#### RECORDS SHOWN ####

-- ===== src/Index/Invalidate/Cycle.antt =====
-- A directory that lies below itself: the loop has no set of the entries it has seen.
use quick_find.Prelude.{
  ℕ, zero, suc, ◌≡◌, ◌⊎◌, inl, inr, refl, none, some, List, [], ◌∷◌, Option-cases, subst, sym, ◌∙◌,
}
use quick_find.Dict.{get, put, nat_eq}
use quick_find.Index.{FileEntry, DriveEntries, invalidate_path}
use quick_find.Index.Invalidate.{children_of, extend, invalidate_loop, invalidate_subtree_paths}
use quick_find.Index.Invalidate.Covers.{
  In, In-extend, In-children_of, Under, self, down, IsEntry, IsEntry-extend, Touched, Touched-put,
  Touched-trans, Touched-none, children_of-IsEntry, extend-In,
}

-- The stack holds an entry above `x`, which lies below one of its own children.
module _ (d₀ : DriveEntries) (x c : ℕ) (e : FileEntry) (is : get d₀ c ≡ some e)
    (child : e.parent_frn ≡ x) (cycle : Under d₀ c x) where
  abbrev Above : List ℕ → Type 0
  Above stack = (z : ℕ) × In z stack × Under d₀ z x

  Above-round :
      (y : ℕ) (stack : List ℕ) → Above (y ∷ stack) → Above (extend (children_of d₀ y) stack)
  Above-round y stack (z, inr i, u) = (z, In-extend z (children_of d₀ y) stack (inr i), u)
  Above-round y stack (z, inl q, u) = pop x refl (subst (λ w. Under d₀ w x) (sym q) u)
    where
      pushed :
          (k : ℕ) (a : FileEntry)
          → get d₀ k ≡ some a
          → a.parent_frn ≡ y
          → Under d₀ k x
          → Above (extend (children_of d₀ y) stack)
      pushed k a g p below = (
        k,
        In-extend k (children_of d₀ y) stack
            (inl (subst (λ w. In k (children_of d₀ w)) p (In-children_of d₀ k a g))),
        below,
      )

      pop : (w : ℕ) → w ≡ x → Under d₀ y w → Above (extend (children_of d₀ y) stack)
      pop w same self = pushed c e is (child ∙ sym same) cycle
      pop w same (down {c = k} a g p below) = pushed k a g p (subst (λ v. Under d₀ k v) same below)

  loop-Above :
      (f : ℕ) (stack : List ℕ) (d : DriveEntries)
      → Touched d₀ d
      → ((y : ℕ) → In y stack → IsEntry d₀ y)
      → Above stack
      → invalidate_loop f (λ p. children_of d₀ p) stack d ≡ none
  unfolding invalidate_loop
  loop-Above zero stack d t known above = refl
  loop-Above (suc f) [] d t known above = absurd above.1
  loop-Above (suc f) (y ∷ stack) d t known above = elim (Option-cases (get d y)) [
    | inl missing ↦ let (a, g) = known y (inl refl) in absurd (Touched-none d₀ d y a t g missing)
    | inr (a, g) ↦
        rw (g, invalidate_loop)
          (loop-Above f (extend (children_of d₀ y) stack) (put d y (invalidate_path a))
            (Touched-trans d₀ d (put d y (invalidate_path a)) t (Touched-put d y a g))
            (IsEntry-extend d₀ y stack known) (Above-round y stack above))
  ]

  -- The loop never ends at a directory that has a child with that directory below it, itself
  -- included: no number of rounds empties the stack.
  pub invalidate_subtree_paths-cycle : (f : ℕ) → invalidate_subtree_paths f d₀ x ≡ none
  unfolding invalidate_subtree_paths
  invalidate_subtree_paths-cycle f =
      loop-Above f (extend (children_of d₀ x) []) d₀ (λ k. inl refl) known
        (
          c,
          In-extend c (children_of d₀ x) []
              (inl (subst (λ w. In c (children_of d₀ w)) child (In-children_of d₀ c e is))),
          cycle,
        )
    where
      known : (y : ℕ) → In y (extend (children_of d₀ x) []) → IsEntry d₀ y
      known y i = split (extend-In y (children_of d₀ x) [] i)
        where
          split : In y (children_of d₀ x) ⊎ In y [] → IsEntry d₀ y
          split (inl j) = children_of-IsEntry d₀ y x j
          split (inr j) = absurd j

####

WHAT THE TASK ASKS> Filter the records, keeping only lines that contain "Index", and show those lines.

ANSWER TO THIS TASK>
-- ===== src/Index/Invalidate/Cycle.antt =====
use quick_find.Index.{FileEntry, DriveEntries, invalidate_path}
use quick_find.Index.Invalidate.{children_of, extend, invalidate_loop, invalidate_subtree_paths}
use quick_find.Index.Invalidate.Covers.{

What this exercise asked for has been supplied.